Photoshop Begone
If you’re like me, you may use a legal version of Photoshop at work. My experience with Photoshop (on Windows) has been quite good over the years and once you are familiar with a professional tool like that, you don’t want to settle for anything less when you have some small project of your own to do at home. You may have been lucky enough to be in a position to bring a copy of this image processing powerhouse home, but if not, Photoshop may be a $700 outlay you may not be able to justify. Well, fear not! There is a viable (and legally free) alternative.
Nothing is ever really free, and this is no exception. You’ll pay with time spent figuring out how to get the “free” program installed, and then you’ll pay again in time learning how to use it. As a linux user for many years, I played around with The Gimp on and off. I was never in a position to completely abandon my Windows environment (dual booting was always an option), so I never really gave The Gimp too much of a real try out. When it was time top replace the old Win/tel machine, I opted for an Apple iBook which pretty much put the kabosh on any option for bringing home software from work. I was lucky and found some kind soul who “lent” me a copy o f Photoshop 5 for OS 9, but frankly working in OS 9 was about as painful to me as learning the Gimp would have been, and it took forever to load. I was hoping to find something that was like Photoshop that either ran natively in OS X or in X11 (X Windows) which loads a lot faster than OS 9.

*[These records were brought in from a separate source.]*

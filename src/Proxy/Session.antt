-- ===== src/Proxy/Session.antt =====
-- The end of a session: nothing of the closed socket, and no peer of the session, is remembered.
use battlezone_netcode_patch.Prelude.{
  ℕ, zero, suc, ◌+◌, ◌-◌, ◌≤◌, ◌<◌, ◌≡◌, ◌≢◌, ◌∙◌, ap, sym, refl, subst, inl, inr, Bool, true,
  false, ◌&&◌, none, some, Option-cases, List, [], ◌∷◌, get_or, set, length, get_or-set_self,
  get_or-set_ne, arith, Bool-cases, ltb, ◌==◌, ◌!=◌, if◌then◌else◌,
}
use battlezone_netcode_patch.Prelude.Scan.{Found, find_index?, find_index?-Found}
use battlezone_netcode_patch.Dampen.{DampenCtx, DampenPeer, zero_peer}
use battlezone_netcode_patch.Dampen.Peer.{put_peer, find_peer, dampen_purge_peer}
use battlezone_netcode_patch.Rtt.{RttCtx}
use battlezone_netcode_patch.Rtt.Peer.{rtt_purge_peer}
use battlezone_netcode_patch.Proxy.Close.{addr_at, purge_peers}

-- The entries before `n` are free.
abbrev Freed : ℕ → DampenCtx → Type 0
Freed n d = (k : ℕ) → k < n → addr_at d k ≡ 0

beyond : {A : Type 0} (xs : List A) (i : ℕ) (z : A) → length xs ≤ i → get_or xs i z ≡ z
beyond [] i z h = refl
beyond (x ∷ xs) zero z h = absurd (omega arith)
beyond (x ∷ xs) (suc i) z h = beyond xs i z (omega arith)

itself : (d : DampenCtx) (n : ℕ) → (addr_at d n == addr_at d n) ≢ false
itself d n e = ground arith

-- The first entry with the address of the live entry `n`, where the entries before it are free.
first_is :
    (d : DampenCtx) (n i : ℕ)
    → Freed n d
    → addr_at d n ≢ 0
    → (addr_at d i == addr_at d n) ≡ true
    → ((k : ℕ) → k < i → (addr_at d k == addr_at d n) ≡ false)
    → i ≡ n
first_is d n i h live hit before = elim (Bool-cases (ltb i n)) [
  | inl e ↦ let z = h i (ground arith) in ground arith
  | inr e ↦ elim (Bool-cases (ltb n i)) [
    | inl f ↦ let z = before n (ground arith) in ground arith
    | inr f ↦ ground arith
  ]
]

in_table : (d : DampenCtx) (n : ℕ) → addr_at d n ≢ 0 → n < length d.peers
in_table d n live = elim (Bool-cases (ltb n (length d.peers))) [
  | inl e ↦ ground arith
  | inr e ↦
      let z = ap (λ (p : DampenPeer). p.addr) (beyond d.peers n zero_peer (ground arith)) in
      absurd (live z)
]

vacant_at :
    (d : DampenCtx) (n : ℕ)
    → Freed n d
    → n < length d.peers
    → Freed (n + 1) (put_peer d n zero_peer)
vacant_at d n h l k m = elim (Bool-cases (n == k)) [
  | inl e ↦
      let z : n ≡ k = ground arith in
      subst (λ j. (get_or (set d.peers n zero_peer) j zero_peer).addr ≡ 0) z
        (ap (λ (p : DampenPeer). p.addr) (get_or-set_self d.peers n zero_peer zero_peer l))
  | inr e ↦
      ap (λ (p : DampenPeer). p.addr) (get_or-set_ne d.peers n k zero_peer zero_peer (ground arith))
      ∙ h k (ground arith)
]

purge-Freed :
    (n : ℕ) (d : DampenCtx)
    → Freed n d
    → addr_at d n ≢ 0
    → Freed (n + 1) (dampen_purge_peer d (addr_at d n))
unfolding dampen_purge_peer find_peer
purge-Freed n d h live =
    let same = λ (p : DampenPeer). p.addr == addr_at d n in
    let found = find_index?-Found same zero_peer d.peers in
    elim (Option-cases (find_index? same d.peers)) [
      | inl f ↦
          let none_found = subst (Found same zero_peer 0 d.peers) f found in
          absurd (itself d n (none_found n (in_table d n live)))
      | inr (i, f) ↦
          let (lo, hi, hit, before) = subst (Found same zero_peer 0 d.peers) f found in
          let y : i - 0 ≡ n = first_is d n (i - 0) h live hit before in
          let z : i ≡ n = omega arith in
          let done = vacant_at d n h (in_table d n live) in
          subst (λ o. Freed (n + 1) (elim o [ some j ↦ put_peer d j zero_peer | none ↦ d ])) (sym f)
            (subst (λ j. Freed (n + 1) (put_peer d j zero_peer)) (sym z) done)
    ]

vacant_more : (d : DampenCtx) (n : ℕ) → Freed n d → addr_at d n ≡ 0 → Freed (n + 1) d
vacant_more d n h free k l = elim (Bool-cases (n == k)) [
  | inl e ↦ let z : n ≡ k = ground arith in subst (λ j. addr_at d j ≡ 0) z free
  | inr e ↦ h k (ground arith)
]

step-Freed :
    (i : ℕ) (d : DampenCtx)
    → Freed i d
    → Freed (i + 1) (if addr_at d i != 0 then dampen_purge_peer d (addr_at d i) else d)
step-Freed i d h = elim (Bool-cases (addr_at d i != 0)) [
  | inl e ↦ simp e (purge-Freed i d h (ground arith))
  | inr e ↦ simp e (vacant_more d i h (ground arith))
]

pub purge_peers-Freed :
    (rtt_ready : Bool) (n i : ℕ) (d : DampenCtx) (r : RttCtx)
    → Freed i d
    → Freed (n + i) (purge_peers rtt_ready n i d r).0
unfolding purge_peers
purge_peers-Freed rtt_ready zero i d r h = λ k l. h k (omega arith)
purge_peers-Freed rtt_ready (suc n) i d r h =
    let a = addr_at d i in
    let d' = if a != 0 then dampen_purge_peer d a else d in
    let r' = if a != 0 && rtt_ready then rtt_purge_peer r a else r in
    let ih = purge_peers-Freed rtt_ready n (i + 1) d' r' (step-Freed i d h) in
    λ k l. ih k (omega arith)
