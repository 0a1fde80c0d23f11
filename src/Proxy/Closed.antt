-- ===== src/Proxy/Closed.antt =====
-- What `hooked_closesocket` leaves.
use battlezone_netcode_patch.Prelude.{
  ℕ, ◌≤◌, ◌<◌, ◌≡◌, ◌∙◌, ap, sym, refl, subst, ◌⊎◌, inl, inr, Bool, true, false, List, length,
  arith, Bool-cases, ◌==◌, if◌then◌else◌,
}
use battlezone_netcode_patch.Prelude.Int.{ℤ}
use battlezone_netcode_patch.Prelude.Compact.{compact, without, compact-Leaves}
use battlezone_netcode_patch.Dampen.{dampen_peers, dampen_invalid_sock}
use battlezone_netcode_patch.Dampen.Peer.{dampen_close_ends_session}
use battlezone_netcode_patch.Pace.{PaceCtx, pace_tick}
use battlezone_netcode_patch.Pace.Queue.{pending, pace_purge_socket}
use battlezone_netcode_patch.Pace.Fifo.{IsRing}
use battlezone_netcode_patch.Proxy.{WireCall, invalid_socket}
use battlezone_netcode_patch.Proxy.Dup.{
  DupEntry, DupState, dup_queue_slots, zero_dup, waiting, dup_purge_socket,
}
use battlezone_netcode_patch.Proxy.Send.{TxState, wires, pace_flush_locked}
use battlezone_netcode_patch.Proxy.Recv.{RxState}
use battlezone_netcode_patch.Proxy.Flush.{flush_empties}
use battlezone_netcode_patch.Proxy.Close.{
  addr_at, end_session, close_flushed, close_sends, close_machines, CloseState, hooked_closesocket,
}
use battlezone_netcode_patch.Proxy.Session.{purge_peers-Freed}

purged_count : (c : PaceCtx) (sock : ℕ) → c.count ≡ 0 → (pace_purge_socket c sock).count ≡ 0
unfolding pace_purge_socket compact
purged_count c sock e = simp e refl

ticked_count : (c : PaceCtx) (now : ℕ) → (pace_tick c now).count ≡ c.count
unfolding pace_tick
ticked_count c now = ground arith

-- Does the close of `sock` end the session?
abbrev pub ends : TxState → ℕ → Bool
ends s sock =
    dampen_close_ends_session sock
      (if s.dampen_sock == invalid_socket then dampen_invalid_sock else s.dampen_sock)

-- The session is over: entry `k` of the dampener is free, and no socket is tracked.
abbrev pub Over : TxState → ℕ → TxState → Type 0
Over s k s' = (addr_at s'.dampen k ≡ 0) × (s'.dampen_sock ≡ invalid_socket)

-- The session goes on: the dampener and the sampler are untouched.
abbrev pub Untouched : TxState → TxState → Type 0
Untouched s s' = (s'.dampen ≡ s.dampen) × (s'.rtt ≡ s.rtt) × (s'.dampen_sock ≡ s.dampen_sock)

ended :
    (s : TxState) (sock k : ℕ)
    → k < dampen_peers
    → ((ends s sock ≡ true) × Over s k (end_session s sock))
      ⊎ ((ends s sock ≡ false) × Untouched s (end_session s sock))
unfolding end_session
ended s sock k l = elim (Bool-cases (ends s sock)) [
  | inl e ↦ simp e (
      inl (
        refl,
        (
          purge_peers-Freed s.rtt_ready dampen_peers 0 s.dampen s.rtt (λ j m. absurd (omega arith))
              k (omega arith),
          refl,
        ),
      ))
  | inr e ↦ simp e (inr (refl, (refl, refl, refl)))
]

ended_tx : (s : TxState) (sock : ℕ) → (end_session s sock).tx ≡ s.tx
unfolding end_session
ended_tx s sock = elim (Bool-cases (ends s sock)) [ inl e ↦ simp e refl | inr e ↦ simp e refl ]

-- The queue of duplicates is a well-formed ring.
abbrev pub IsDupRing : DupState → Type 0
IsDupRing d =
    (d.ready ≡ true)
    × (d.q_head < dup_queue_slots)
    × (d.q_count ≤ dup_queue_slots)
    × (dup_queue_slots ≤ length d.q)

purged_dups :
    (d : DupState) (sock : ℕ)
    → IsDupRing d
    → waiting (dup_purge_socket d sock) ≡ without (λ (e : DupEntry). e.sock) sock (waiting d)
unfolding dup_purge_socket
purged_dups d sock (r, hh, hn, hc) =
    let (e, l, b) =
      compact-Leaves zero_dup dup_queue_slots (λ (e : DupEntry). e.sock) sock d.q_head d.q_count 0 0
        d.q hh hc (omega arith) (omega arith) in
    simp r e

-- The lock is there and the real sendto is known.
abbrev pub Ready : TxState → Type 0
Ready s = (s.pace_ready ≡ true) × (s.has_sendto ≡ true) × IsRing s.tx

-- What goes out, and the pacer and the session afterwards.
abbrev pub Closes : TxState → ℕ → ℕ → List WireCall × TxState → Type 0
Closes s sock k (out, s') =
    (out ≡ wires (pending s.tx))
    × (s'.tx.count ≡ 0)
    × (((ends s sock ≡ true) × Over s k s') ⊎ ((ends s sock ≡ false) × Untouched s s'))
    × (s'.dup ≡ s.dup)

ended_dup : (s : TxState) (sock : ℕ) → (end_session s sock).dup ≡ s.dup
unfolding end_session
ended_dup s sock = elim (Bool-cases (ends s sock)) [ inl e ↦ simp e refl | inr e ↦ simp e refl ]

flushed-Closes :
    (s : TxState) (sock now k : ℕ) (stats : Bool) (r : List WireCall × PaceCtx)
    → r.0 ≡ wires (pending s.tx)
    → r.1.count ≡ 0
    → k < dampen_peers
    → Closes s sock k (close_flushed s sock stats now r)
unfolding close_flushed
flushed-Closes s sock now k stats (out, c) e z l =
    let flushed : TxState = record s { tx = pace_purge_socket c sock } in
    let tx = ended_tx flushed sock in
    let none_left = ap (λ (q : PaceCtx). q.count) tx ∙ purged_count c sock z in
    let session = ended flushed sock k l in
    let dups = ended_dup flushed sock in
    elim stats as (λ b. Closes s sock k (close_flushed s sock b now (out, c))) [
      | true ↦ (e, ticked_count (end_session flushed sock).tx now ∙ none_left, session, dups)
      | false ↦ (e, none_left, session, dups)
    ]

known_flush :
    (s : TxState)
    → Ready s
    → ((pace_flush_locked s.has_sendto s.tx).0 ≡ wires (pending s.tx))
      × ((pace_flush_locked s.has_sendto s.tx).1.count ≡ 0)
known_flush s (p, h, r) =
    let (out, e, r', t) = flush_empties s.tx r in
    subst
      (λ b.
        ((pace_flush_locked b s.tx).0 ≡ wires (pending s.tx))
        × ((pace_flush_locked b s.tx).1.count ≡ 0))
      (sym h) (out, e)

sends-Closes :
    (s : TxState) (sock now k : ℕ) (stats : Bool)
    → Ready s
    → k < dampen_peers
    → Closes s sock k (close_sends s sock stats now)
unfolding close_sends
sends-Closes s sock now k stats (p, h, r) l =
    let (out, e) = known_flush s (p, h, r) in
    simp p (flushed-Closes s sock now k stats (pace_flush_locked s.has_sendto s.tx) out e l)

-- The machines after a close.
machines-close :
    (s : TxState) (rx : RxState) (sock now k : ℕ) (reorder_ready stats : Bool)
    → Ready s
    → IsDupRing s.dup
    → k < dampen_peers
    → let (out, s', rx') = close_machines reorder_ready stats s rx sock now in
      (out ≡ wires (pending s.tx))
      × (s'.tx.count ≡ 0)
      × (waiting s'.dup ≡ without (λ (e : DupEntry). e.sock) sock (waiting s.dup))
      × (((ends s sock ≡ true) × Over s k s') ⊎ ((ends s sock ≡ false) × Untouched s s'))
unfolding close_machines
machines-close s rx sock now k reorder_ready stats (p, h, r) d l =
    let purged : TxState = record s { dup = dup_purge_socket s.dup sock } in
    let (out, e, session, dups) = sends-Closes purged sock now k stats (p, h, r) l in
    (out, e, ap waiting dups ∙ purged_dups s.dup sock d, session)

-- The close of a socket, by a known closesocket. The real sendto gets everything that the pacer still held, in order, and
-- the pacer is empty; the duplicates that wait are those of the other sockets. If the socket is the
-- one that carries the game's traffic, every entry `k` of the dampener's table is free afterwards and
-- no socket is tracked; otherwise the dampener, the sampler and the tracked socket are untouched.
pub close_clears :
    (g : CloseState) (sock now k : ℕ) (rc : ℤ) (reorder_ready stats : Bool)
    → Ready g.sends
    → IsDupRing g.sends.dup
    → k < dampen_peers
    → let s = g.sends in
      let (_, out, g') = hooked_closesocket true reorder_ready stats g sock rc now in
      let s' = g'.sends in
      (out ≡ wires (pending s.tx))
      × (s'.tx.count ≡ 0)
      × (waiting s'.dup ≡ without (λ (e : DupEntry). e.sock) sock (waiting s.dup))
      × (((ends s sock ≡ true) × Over s k s') ⊎ ((ends s sock ≡ false) × Untouched s s'))
unfolding hooked_closesocket
close_clears g sock now k rc reorder_ready stats ready d l =
    machines-close g.sends g.receives sock now k reorder_ready stats ready d l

I wanted to use Fink to install a Gimp package but I was stymied when my first attempts failed due to some sort of error in the configure file. I’ll admit I didn’t spend a lot of time trying to get it to work, but after 2 hours of downloading and compiling and watching the arcane code speed by in Fink’s tiny window, I was eager to find something easier. MacGimp looked promising, but I didn’t like the fact that if I installed it, I might have problems later on if I installed any X11 programs using Fink as some usenet posts suggested. I found lots of useful utilities that did work using Fink including the netpbm packages, but I almost gave up on getting the Gimp to compile. I eventually succeeded by choosing “selfupdate” in Fink Commander when I saw a newer version (1.2.5-1) of the Gimp take the place of the earlier version (1.2.4-11) in the data table and I realized maybe the bug had been fixed. It worked! Although The Gimp doesn’t run natively in OS X either, its far faster to load X11 and choose gimp than to wait for OS 9 to load, wait for Photoshop 5 (what a slow pig) and deal with that older Mac OS’s idiosyncracies.
You can get a copy of the Gimp for Windows but I’ll admit I have not tried it. Although we still have a PC in the house, its in Linux when I’m around anyway.

Comment posted on 2-23-2004
I have GIMP installed on my iBook via Fink. I have played with it just a little bit. Is it really anything like Photoshop? I seem to remember trying to use it a few years back and I think I found it quite limiting. Is there a new version that has a lot of features?
Comment posted on 2-23-2004
I\’ve been using Photoshop at work daily since version 3.0 (now they\’re at 7)
and its awesome. The slickest, most powerful professional digital imaging
program you could want to own. However, I don\’t own it since it costs $700
and I just can\’t justify that. The Gimp has matured and is now a VERY good
imitation of Photoshop. It suffers from the bare bones X windows clunkiness
and lack of integration with the OS which can be expected from a 20 year
old interface I guess but once you get past those issues, yes. you can use it
to create very complex layered graphics and most of the ways you get
things done are quite similar to the way you do them in Photoshop. I have
Photoshop 5 on the iBook, but its an OS 9 version and as I say above, it
takes so damn long to load, I use the Gimp now all the time.